## GOAL OF THE EXERCISE
Using the records that follow, tally the lines containing the word "Config" and state only the count.

## Dataset entries
···

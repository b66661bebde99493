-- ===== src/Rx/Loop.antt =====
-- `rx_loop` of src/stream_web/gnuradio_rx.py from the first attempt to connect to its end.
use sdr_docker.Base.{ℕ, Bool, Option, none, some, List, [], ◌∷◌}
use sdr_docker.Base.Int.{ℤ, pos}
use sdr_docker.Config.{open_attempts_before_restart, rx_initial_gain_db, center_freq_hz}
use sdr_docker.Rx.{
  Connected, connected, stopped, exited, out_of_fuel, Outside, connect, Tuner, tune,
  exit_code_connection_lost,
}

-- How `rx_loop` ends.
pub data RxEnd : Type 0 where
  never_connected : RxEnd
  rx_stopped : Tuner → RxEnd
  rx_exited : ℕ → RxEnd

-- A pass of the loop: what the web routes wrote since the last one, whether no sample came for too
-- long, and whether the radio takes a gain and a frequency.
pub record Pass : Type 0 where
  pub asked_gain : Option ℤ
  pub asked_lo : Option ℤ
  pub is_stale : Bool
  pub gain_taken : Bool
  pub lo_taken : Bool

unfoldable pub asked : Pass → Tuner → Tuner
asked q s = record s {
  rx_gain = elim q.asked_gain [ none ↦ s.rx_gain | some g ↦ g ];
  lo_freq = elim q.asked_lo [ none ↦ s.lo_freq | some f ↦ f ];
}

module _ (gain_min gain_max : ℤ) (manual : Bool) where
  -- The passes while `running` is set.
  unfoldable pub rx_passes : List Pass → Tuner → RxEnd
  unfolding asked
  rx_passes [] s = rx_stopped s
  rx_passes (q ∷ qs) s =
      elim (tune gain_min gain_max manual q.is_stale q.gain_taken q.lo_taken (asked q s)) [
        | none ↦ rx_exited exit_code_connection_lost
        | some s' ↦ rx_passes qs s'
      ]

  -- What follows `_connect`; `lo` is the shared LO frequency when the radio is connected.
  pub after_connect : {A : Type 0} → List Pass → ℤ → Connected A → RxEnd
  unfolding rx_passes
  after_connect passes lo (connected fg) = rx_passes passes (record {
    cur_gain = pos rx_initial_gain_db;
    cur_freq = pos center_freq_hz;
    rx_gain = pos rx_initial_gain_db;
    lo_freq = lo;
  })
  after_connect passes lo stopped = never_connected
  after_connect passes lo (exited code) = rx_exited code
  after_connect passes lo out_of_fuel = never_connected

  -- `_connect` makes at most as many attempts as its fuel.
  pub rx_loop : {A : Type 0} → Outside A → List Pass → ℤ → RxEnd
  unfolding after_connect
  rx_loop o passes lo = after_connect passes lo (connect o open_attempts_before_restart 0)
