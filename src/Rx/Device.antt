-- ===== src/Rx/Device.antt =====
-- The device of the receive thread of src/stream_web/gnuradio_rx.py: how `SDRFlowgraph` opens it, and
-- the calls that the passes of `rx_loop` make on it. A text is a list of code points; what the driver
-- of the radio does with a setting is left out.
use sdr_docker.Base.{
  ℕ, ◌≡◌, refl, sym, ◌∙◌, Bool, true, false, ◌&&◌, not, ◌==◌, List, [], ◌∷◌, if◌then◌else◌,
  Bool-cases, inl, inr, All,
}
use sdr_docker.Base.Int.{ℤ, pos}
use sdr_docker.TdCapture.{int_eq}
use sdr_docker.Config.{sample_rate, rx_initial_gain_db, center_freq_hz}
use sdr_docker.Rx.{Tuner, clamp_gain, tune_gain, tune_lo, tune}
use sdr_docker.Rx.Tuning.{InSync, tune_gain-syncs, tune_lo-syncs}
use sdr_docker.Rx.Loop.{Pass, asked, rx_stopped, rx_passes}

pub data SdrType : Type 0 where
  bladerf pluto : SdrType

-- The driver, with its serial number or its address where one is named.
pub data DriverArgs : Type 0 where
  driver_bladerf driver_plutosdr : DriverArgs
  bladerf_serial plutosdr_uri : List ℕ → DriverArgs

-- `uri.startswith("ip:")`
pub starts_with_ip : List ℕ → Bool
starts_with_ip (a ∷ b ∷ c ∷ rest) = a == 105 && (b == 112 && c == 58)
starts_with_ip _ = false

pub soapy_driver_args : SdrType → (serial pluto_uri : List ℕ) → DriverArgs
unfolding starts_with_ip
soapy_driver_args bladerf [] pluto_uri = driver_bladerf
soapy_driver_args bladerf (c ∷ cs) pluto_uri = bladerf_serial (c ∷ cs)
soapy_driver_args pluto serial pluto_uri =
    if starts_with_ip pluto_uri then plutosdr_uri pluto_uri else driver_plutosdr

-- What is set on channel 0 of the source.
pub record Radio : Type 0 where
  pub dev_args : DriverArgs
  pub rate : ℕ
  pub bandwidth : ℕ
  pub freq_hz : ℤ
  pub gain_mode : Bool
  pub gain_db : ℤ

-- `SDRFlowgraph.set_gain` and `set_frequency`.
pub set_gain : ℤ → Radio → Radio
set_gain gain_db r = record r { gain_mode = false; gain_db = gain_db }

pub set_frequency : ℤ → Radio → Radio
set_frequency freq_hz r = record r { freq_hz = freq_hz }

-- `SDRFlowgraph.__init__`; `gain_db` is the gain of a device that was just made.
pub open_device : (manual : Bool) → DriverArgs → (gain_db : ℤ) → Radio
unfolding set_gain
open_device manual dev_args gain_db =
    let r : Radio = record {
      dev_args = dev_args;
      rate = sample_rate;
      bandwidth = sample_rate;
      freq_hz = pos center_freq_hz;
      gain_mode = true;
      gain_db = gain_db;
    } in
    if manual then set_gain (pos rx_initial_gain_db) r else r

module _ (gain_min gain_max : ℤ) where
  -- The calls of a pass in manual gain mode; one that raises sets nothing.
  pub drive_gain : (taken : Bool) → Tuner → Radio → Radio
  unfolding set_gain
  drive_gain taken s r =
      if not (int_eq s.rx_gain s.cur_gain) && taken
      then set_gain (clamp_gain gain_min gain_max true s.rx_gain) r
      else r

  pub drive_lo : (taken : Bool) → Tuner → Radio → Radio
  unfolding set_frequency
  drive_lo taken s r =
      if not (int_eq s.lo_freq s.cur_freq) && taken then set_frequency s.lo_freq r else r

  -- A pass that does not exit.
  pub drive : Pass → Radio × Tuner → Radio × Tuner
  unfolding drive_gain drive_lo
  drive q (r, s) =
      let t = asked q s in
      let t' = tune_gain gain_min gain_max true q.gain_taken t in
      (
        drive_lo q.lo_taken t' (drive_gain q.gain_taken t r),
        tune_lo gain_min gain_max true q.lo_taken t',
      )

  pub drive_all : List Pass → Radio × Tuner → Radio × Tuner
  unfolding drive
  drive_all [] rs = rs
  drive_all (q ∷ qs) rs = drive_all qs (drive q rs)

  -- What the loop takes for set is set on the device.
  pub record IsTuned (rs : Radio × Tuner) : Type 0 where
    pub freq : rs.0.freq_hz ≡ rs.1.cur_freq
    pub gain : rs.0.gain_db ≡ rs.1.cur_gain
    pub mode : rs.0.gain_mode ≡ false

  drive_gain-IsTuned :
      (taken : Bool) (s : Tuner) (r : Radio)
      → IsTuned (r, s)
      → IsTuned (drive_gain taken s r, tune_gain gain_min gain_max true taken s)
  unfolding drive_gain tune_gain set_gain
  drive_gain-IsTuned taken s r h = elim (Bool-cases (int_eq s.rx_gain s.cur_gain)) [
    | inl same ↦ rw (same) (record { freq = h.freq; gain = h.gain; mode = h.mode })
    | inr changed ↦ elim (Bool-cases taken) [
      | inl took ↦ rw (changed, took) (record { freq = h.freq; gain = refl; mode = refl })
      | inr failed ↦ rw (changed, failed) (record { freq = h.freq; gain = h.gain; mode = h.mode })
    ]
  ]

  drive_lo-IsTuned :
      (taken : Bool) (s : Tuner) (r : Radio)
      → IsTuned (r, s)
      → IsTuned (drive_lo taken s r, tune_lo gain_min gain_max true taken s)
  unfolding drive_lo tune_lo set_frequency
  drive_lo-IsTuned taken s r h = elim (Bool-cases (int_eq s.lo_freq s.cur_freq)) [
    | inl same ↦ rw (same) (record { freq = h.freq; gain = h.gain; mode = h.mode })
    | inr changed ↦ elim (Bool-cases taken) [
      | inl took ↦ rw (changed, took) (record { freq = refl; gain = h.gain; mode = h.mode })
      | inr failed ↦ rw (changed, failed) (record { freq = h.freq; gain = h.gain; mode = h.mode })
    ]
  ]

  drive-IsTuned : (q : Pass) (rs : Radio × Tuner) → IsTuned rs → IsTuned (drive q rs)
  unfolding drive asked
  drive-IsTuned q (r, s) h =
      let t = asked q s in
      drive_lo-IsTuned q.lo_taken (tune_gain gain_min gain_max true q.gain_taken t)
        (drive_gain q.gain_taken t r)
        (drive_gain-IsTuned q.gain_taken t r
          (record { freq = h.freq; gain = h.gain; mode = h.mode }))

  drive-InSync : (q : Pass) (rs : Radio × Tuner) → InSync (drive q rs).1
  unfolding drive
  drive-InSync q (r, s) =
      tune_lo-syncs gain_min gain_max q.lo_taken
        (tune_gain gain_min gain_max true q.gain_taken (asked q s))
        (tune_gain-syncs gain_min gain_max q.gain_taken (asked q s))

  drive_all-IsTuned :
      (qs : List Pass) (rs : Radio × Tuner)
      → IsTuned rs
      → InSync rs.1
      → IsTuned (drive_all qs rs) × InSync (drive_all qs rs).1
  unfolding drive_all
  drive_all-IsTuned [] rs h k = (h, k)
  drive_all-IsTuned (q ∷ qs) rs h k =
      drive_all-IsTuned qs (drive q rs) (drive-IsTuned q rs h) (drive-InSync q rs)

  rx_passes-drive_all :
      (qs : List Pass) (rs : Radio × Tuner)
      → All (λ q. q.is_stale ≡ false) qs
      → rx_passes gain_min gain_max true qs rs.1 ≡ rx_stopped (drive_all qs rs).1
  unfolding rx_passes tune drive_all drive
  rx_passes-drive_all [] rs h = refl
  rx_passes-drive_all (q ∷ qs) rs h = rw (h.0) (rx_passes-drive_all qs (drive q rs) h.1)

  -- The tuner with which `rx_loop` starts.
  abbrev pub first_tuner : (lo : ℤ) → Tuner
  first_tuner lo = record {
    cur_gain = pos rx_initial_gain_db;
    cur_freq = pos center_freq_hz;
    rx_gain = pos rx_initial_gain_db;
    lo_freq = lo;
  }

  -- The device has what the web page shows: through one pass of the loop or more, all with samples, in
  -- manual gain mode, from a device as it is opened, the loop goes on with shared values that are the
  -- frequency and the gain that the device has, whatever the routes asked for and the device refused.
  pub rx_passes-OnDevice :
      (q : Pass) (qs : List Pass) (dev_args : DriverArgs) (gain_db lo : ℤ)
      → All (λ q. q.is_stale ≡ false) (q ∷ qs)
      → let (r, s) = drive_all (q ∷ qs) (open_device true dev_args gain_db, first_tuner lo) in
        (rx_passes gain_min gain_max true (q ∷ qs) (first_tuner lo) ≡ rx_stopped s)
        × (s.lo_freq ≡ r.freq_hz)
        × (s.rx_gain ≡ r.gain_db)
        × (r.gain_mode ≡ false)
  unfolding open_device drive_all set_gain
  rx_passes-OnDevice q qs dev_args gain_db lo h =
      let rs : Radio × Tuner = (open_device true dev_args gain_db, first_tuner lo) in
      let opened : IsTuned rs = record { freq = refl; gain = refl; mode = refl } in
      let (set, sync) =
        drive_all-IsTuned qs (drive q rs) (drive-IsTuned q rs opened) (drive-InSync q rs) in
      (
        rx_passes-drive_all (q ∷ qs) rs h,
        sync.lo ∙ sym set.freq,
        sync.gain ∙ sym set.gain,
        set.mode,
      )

···

## SOLUTION FOR THIS PROBLEM
2